Methylation of NC2β promoter. A: CpG islands upstream and downstream of NC2β, TAF12, TAF13 transcription start site. B: Methylation percentage of CpG sites within NC2β island. Samples with methylation levels below 10% are considered unmethylated: accordingly, we suggest that promoter methylation may explain the low NC2β mRNA expression only in sample NB41 (Figure 2).
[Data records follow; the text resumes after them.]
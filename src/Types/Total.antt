-- ===== src/Types/Total.antt =====
-- lib/type.c: reading a type ends on every text: the fuel, the length of the text and one more, is enough.
use libvarlink.Prelude.{
  ℕ, zero, suc, ◌+◌, ◌≤◌, ◌<◌, ◌≢◌, List, Bool, true, false, Option, none, some, ◌==◌, length,
  arith, Bool-cases, inl, inr,
}
use libvarlink.KeyOrder.{string_order}
use libvarlink.Avl.{AvlTree, avl_tree_new}
use libvarlink.Scanner.{Scanner, scanner_new, scanner_peek, scanner_read_keyword}
use libvarlink.Types.{
  VarlinkType, bool_type, int_type, float_type, string_type, foreign_object, array_type, map_type,
  alias_type, enum_type, object_type, maybe_type, Fields, done, failed, overread, out_of_fuel, Run,
  ◌>>=◌, type_keywords, string_keyword, read_keyword_type, read_alias, check_maybe, decide_kind,
  read_bracket, read_maybe, read_object, keyword_or, read_word, read_type, finish_field, read_field,
  unless_closed, varlink_type_new_from_scanner, read_fields, at_end, varlink_type_new,
}
use libvarlink.Types.Remaining.{
  remaining, peek-remaining, read_keyword-remaining, read_keyword_type-remaining,
}
use libvarlink.Types.Ending.{
  Ends, Ends-bind, AtMost, Below, operator-Ends, field_name-Ends, type_name-Ends, docstring-Ends,
  insert_name-Ends, comma-Ends, decide_kind-remaining,
}

-- What a call of the function itself keeps to, and the loop over the fields.
abbrev TypeEnds : ℕ → (Scanner → Run VarlinkType) → Type 0
TypeEnds fuel read = (s : Scanner) → remaining s < fuel → Ends (AtMost (remaining s)) (read s)

abbrev FieldsEnd : ℕ → (Scanner → Run (Bool × Fields)) → Type 0
FieldsEnd fuel read = (s : Scanner) → remaining s < fuel → Ends (AtMost (remaining s)) (read s)

pub Ends-weaken {ℓ} :
    {A : Type ℓ} (n m : ℕ) (r : Run A) → n ≤ m → Ends (AtMost n) r → Ends (AtMost m) r
Ends-weaken n m (s, done a) h k = omega (arith, h, k)
Ends-weaken n m (s, failed e) h k = tt
Ends-weaken n m (s, overread) h k = tt
Ends-weaken n m (s, out_of_fuel) h k = absurd k

bracket-Ends :
    (fuel : ℕ) (read : Scanner → Run VarlinkType) (s : Scanner)
    → TypeEnds fuel read
    → remaining s < suc fuel
    → Ends (AtMost (remaining s)) (read_bracket read s)
unfolding read_bracket
bracket-Ends fuel read s go h =
    Ends-bind (Below (remaining s)) (AtMost (remaining s)) _ _ (operator-Ends s b'[') (λ x a.
      let u = (scanner_read_keyword x.0 string_keyword).0 in
      let k = read_keyword-remaining x.0 string_keyword in
      Ends-bind (Below (remaining u)) (AtMost (remaining s)) _ _ (operator-Ends u b']') (λ y b.
        Ends-bind (AtMost (remaining y.0)) (AtMost (remaining s)) _ _
          (go y.0 (omega (arith, h, a, b, k))) (λ z c. omega (arith, a, b, c, k))))

check_maybe-Ends :
    (n : ℕ) (s : Scanner) (t : VarlinkType) → remaining s ≤ n → Ends (AtMost n) (s, check_maybe t)
check_maybe-Ends n s bool_type h = h
check_maybe-Ends n s int_type h = h
check_maybe-Ends n s float_type h = h
check_maybe-Ends n s string_type h = h
check_maybe-Ends n s foreign_object h = h
check_maybe-Ends n s (array_type t) h = h
check_maybe-Ends n s (map_type t) h = h
check_maybe-Ends n s (maybe_type t) h = tt
check_maybe-Ends n s (alias_type name) h = h
check_maybe-Ends n s (enum_type fs) h = h
check_maybe-Ends n s (object_type fs) h = h

maybe-Ends :
    (fuel : ℕ) (read : Scanner → Run VarlinkType) (s : Scanner)
    → TypeEnds fuel read
    → remaining s < suc fuel
    → Ends (AtMost (remaining s)) (read_maybe read s)
unfolding read_maybe
maybe-Ends fuel read s go h =
    Ends-bind (Below (remaining s)) (AtMost (remaining s)) _ _ (operator-Ends s b'?') (λ x a.
      Ends-bind (AtMost (remaining x.0)) (AtMost (remaining s)) _ _ (go x.0 (omega (arith, h, a)))
        (λ y b. check_maybe-Ends (remaining s) y.0 y.1 (omega (arith, a, b))))

object-Ends :
    (fuel : ℕ) (fields : Scanner → Run (Bool × Fields)) (s : Scanner)
    → FieldsEnd fuel fields
    → remaining s < suc fuel
    → Ends (AtMost (remaining s)) (read_object fields s)
unfolding read_object
object-Ends fuel fields s go h =
    Ends-bind (Below (remaining s)) (AtMost (remaining s)) _ _ (operator-Ends s b'(') (λ x a.
      Ends-bind (AtMost (remaining x.0)) (AtMost (remaining s)) _ _ (go x.0 (omega (arith, h, a)))
        (λ y b.
          Ends-bind (Below (remaining y.0)) (AtMost (remaining s)) _ _ (operator-Ends y.0 b')')
            (λ z c. omega (arith, a, b, c))))

word-Ends :
    (fuel : ℕ) (fields : Scanner → Run (Bool × Fields)) (c : ℕ) (s : Scanner)
    → FieldsEnd fuel fields
    → remaining s < suc fuel
    → Ends (AtMost (remaining s)) (read_word fields c s)
unfolding read_word read_alias
word-Ends fuel fields c s go h = elim (Bool-cases (c == b'(')) [
  | inl e ↦ rw e (object-Ends fuel fields s go h)
  | inr e ↦ rw e (type_name-Ends s)
]

keyword_or-Ends :
    (n : ℕ) (read : Scanner → Run VarlinkType) (x : Scanner × Option VarlinkType)
    → remaining x.0 ≤ n
    → Ends (AtMost (remaining x.0)) (read x.0)
    → Ends (AtMost n) (keyword_or read x)
keyword_or-Ends n read (s, some t) h k = h
keyword_or-Ends n read (s, none) h k = Ends-weaken (remaining s) n (read s) h k

read_type-Ends :
    (fuel : ℕ) (read : Scanner → Run VarlinkType) (fields : Scanner → Run (Bool × Fields))
    (s : Scanner) (c : ℕ)
    → TypeEnds fuel read
    → FieldsEnd fuel fields
    → remaining s < suc fuel
    → Ends (AtMost (remaining s)) (read_type read fields (s, c))
unfolding read_type
read_type-Ends fuel read fields s c go go_fields h =
    let x = read_keyword_type s type_keywords in
    let k = read_keyword_type-remaining s type_keywords in
    elim (Bool-cases (c == b'[')) [
      | inl e ↦ rw e (bracket-Ends fuel read s go h)
      | inr e ↦ elim (Bool-cases (c == b'?')) [
        | inl f ↦ rw (e, f) (maybe-Ends fuel read s go h)
        | inr f ↦
            rw (e, f)
              (keyword_or-Ends (remaining s) (read_word fields c) x k
                (word-Ends fuel fields c x.0 go_fields (omega (arith, h, k))))
      ]
    ]

-- The fields behind a field's name.
abbrev MoreEnds : ℕ → (Bool → AvlTree (List ℕ) → Scanner → Run (Bool × Fields)) → Type 0
MoreEnds fuel more = (enum : Bool) (tree : AvlTree (List ℕ)) → FieldsEnd fuel (more enum tree)

finish_field-Ends :
    (fuel : ℕ) (read : Scanner → Run VarlinkType)
    (more : Bool → AvlTree (List ℕ) → Scanner → Run (Bool × Fields)) (tree : AvlTree (List ℕ))
    (name : List ℕ) (d : Option (List ℕ)) (s : Scanner) (enum : Bool)
    → TypeEnds fuel read
    → MoreEnds fuel more
    → remaining s < fuel
    → Ends (AtMost (remaining s)) (finish_field read more tree name d (s, enum))
unfolding finish_field
finish_field-Ends fuel read more tree name d s true go next h =
    Ends-bind (AtMost (remaining s)) (AtMost (remaining s)) _ _ (insert_name-Ends s tree name)
      (λ x a.
        Ends-bind (AtMost (remaining x.0)) (AtMost (remaining s)) _ _
          (next true x.1 x.0 (omega (arith, h, a))) (λ y b. omega (arith, a, b)))
finish_field-Ends fuel read more tree name d s false go next h =
    Ends-bind (Below (remaining s)) (AtMost (remaining s)) _ _ (operator-Ends s b':') (λ x a.
      Ends-bind (AtMost (remaining x.0)) (AtMost (remaining s)) _ _ (go x.0 (omega (arith, h, a)))
        (λ y b.
          Ends-bind (AtMost (remaining y.0)) (AtMost (remaining s)) _ _
            (insert_name-Ends y.0 tree name)
            (λ z c.
              Ends-bind (AtMost (remaining z.0)) (AtMost (remaining s)) _ _
                (next false z.1 z.0 (omega (arith, h, a, b, c)))
                (λ w e. omega (arith, a, b, c, e)))))

field-Ends :
    (fuel : ℕ) (read : Scanner → Run VarlinkType)
    (more : Bool → AvlTree (List ℕ) → Scanner → Run (Bool × Fields)) (first enum : Bool)
    (tree : AvlTree (List ℕ)) (s : Scanner)
    → TypeEnds fuel read
    → MoreEnds fuel more
    → remaining s < suc fuel
    → Ends (AtMost (remaining s)) (read_field read more first enum tree s)
unfolding read_field
field-Ends fuel read more first enum tree s go next h =
    Ends-bind (AtMost (remaining s)) (AtMost (remaining s)) _ _ (comma-Ends first s) (λ x a.
      Ends-bind (AtMost (remaining x.0)) (AtMost (remaining s)) _ _ (docstring-Ends x.0) (λ y b.
        Ends-bind (Below (remaining y.0)) (AtMost (remaining s)) _ _ (field_name-Ends y.0) (λ z c.
          let u = (decide_kind first enum z.0).0 in
          let k = decide_kind-remaining first enum z.0 in
          Ends-weaken (remaining u) (remaining s)
            (finish_field read more tree z.1 y.1 (decide_kind first enum z.0))
            (omega (arith, a, b, c, k))
            (finish_field-Ends fuel read more tree z.1 y.1 u (decide_kind first enum z.0).1 go next
              (omega (arith, h, a, b, c, k))))))

closed-Ends :
    (read : Scanner → Run (Bool × Fields)) (enum : Bool) (s : Scanner) (c : ℕ)
    → Ends (AtMost (remaining s)) (read s)
    → Ends (AtMost (remaining s)) (unless_closed read enum (s, c))
closed-Ends read enum s c h = elim (Bool-cases (c == b')')) [
  | inl e ↦ rw e (omega arith)
  | inr e ↦ rw e h
]

mutual
  unfolding varlink_type_new_from_scanner read_fields

  pub type-Ends : (fuel : ℕ) → TypeEnds fuel (λ s. varlink_type_new_from_scanner fuel s)
  type-Ends zero s h = absurd (omega (arith, h))
  type-Ends (suc fuel) s h =
      let t = (scanner_peek s).0 in
      let k = peek-remaining s in
      Ends-weaken (remaining t) (remaining s) (varlink_type_new_from_scanner (suc fuel) s) k (
        read_type-Ends fuel (λ t. varlink_type_new_from_scanner fuel t)
          (λ t. read_fields fuel true false avl_tree_new t) t (scanner_peek s).1
          (λ u h. type-Ends fuel u h) (λ u h. fields-End fuel true false avl_tree_new u h)
          (omega (arith, h, k)))

  fields-End :
      (fuel : ℕ) (first enum : Bool) (tree : AvlTree (List ℕ))
      → FieldsEnd fuel (λ s. read_fields fuel first enum tree s)
  fields-End zero first enum tree s h = absurd (omega (arith, h))
  fields-End (suc fuel) first enum tree s h =
      let t = (scanner_peek s).0 in
      let k = peek-remaining s in
      Ends-weaken (remaining t) (remaining s) (read_fields (suc fuel) first enum tree s) k (
        closed-Ends
          (read_field (λ t. varlink_type_new_from_scanner fuel t)
            (λ e u t. read_fields fuel false e u t) first enum tree)
          enum t (scanner_peek s).1
          (field-Ends fuel (λ t. varlink_type_new_from_scanner fuel t)
            (λ e u t. read_fields fuel false e u t) first enum tree t (λ u h. type-Ends fuel u h)
            (λ e v u h. fields-End fuel false e v u h) (omega (arith, h, k))))

at_end-never : (x : Scanner × VarlinkType) → (at_end x).1 ≢ out_of_fuel
at_end-never (s, t) = elim (Bool-cases ((scanner_peek s).1 == 0)) [
  | inl e ↦ rw e (λ f. cc)
  | inr e ↦ rw e (λ f. cc)
]

new_type-Ends : (n : ℕ) (r : Run VarlinkType) → Ends (AtMost n) r → (r >>= at_end).1 ≢ out_of_fuel
new_type-Ends n (s, done t) h = at_end-never (s, t)
new_type-Ends n (s, failed e) h = λ f. cc
new_type-Ends n (s, overread) h = λ f. cc
new_type-Ends n (s, out_of_fuel) h = absurd h

-- On every text, `varlink_type_new` ends with a type or an error, or reads behind the text: its fuel is enough.
pub varlink_type_new-ends : (typestring : List ℕ) → (varlink_type_new typestring).1 ≢ out_of_fuel
unfolding varlink_type_new scanner_new
varlink_type_new-ends typestring =
    new_type-Ends (length typestring)
      (varlink_type_new_from_scanner (length typestring + 1) (scanner_new typestring true))
      (type-Ends (length typestring + 1) (scanner_new typestring true) (omega arith))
For methylation analysis of TAF12 and TAF13 promoter, (see Additional file 3).


The data presented in this paper experimentally confirm our hypothesis that at least some GTA proteins may also be physiologically involved in the control of cell proliferation, at the same time underscoring the importance of natural selection within complex biopathological processes [22, 47]. They also suggest possible ways to exploit molecular omic profiling to determine biological functions and design rational anticancer therapies.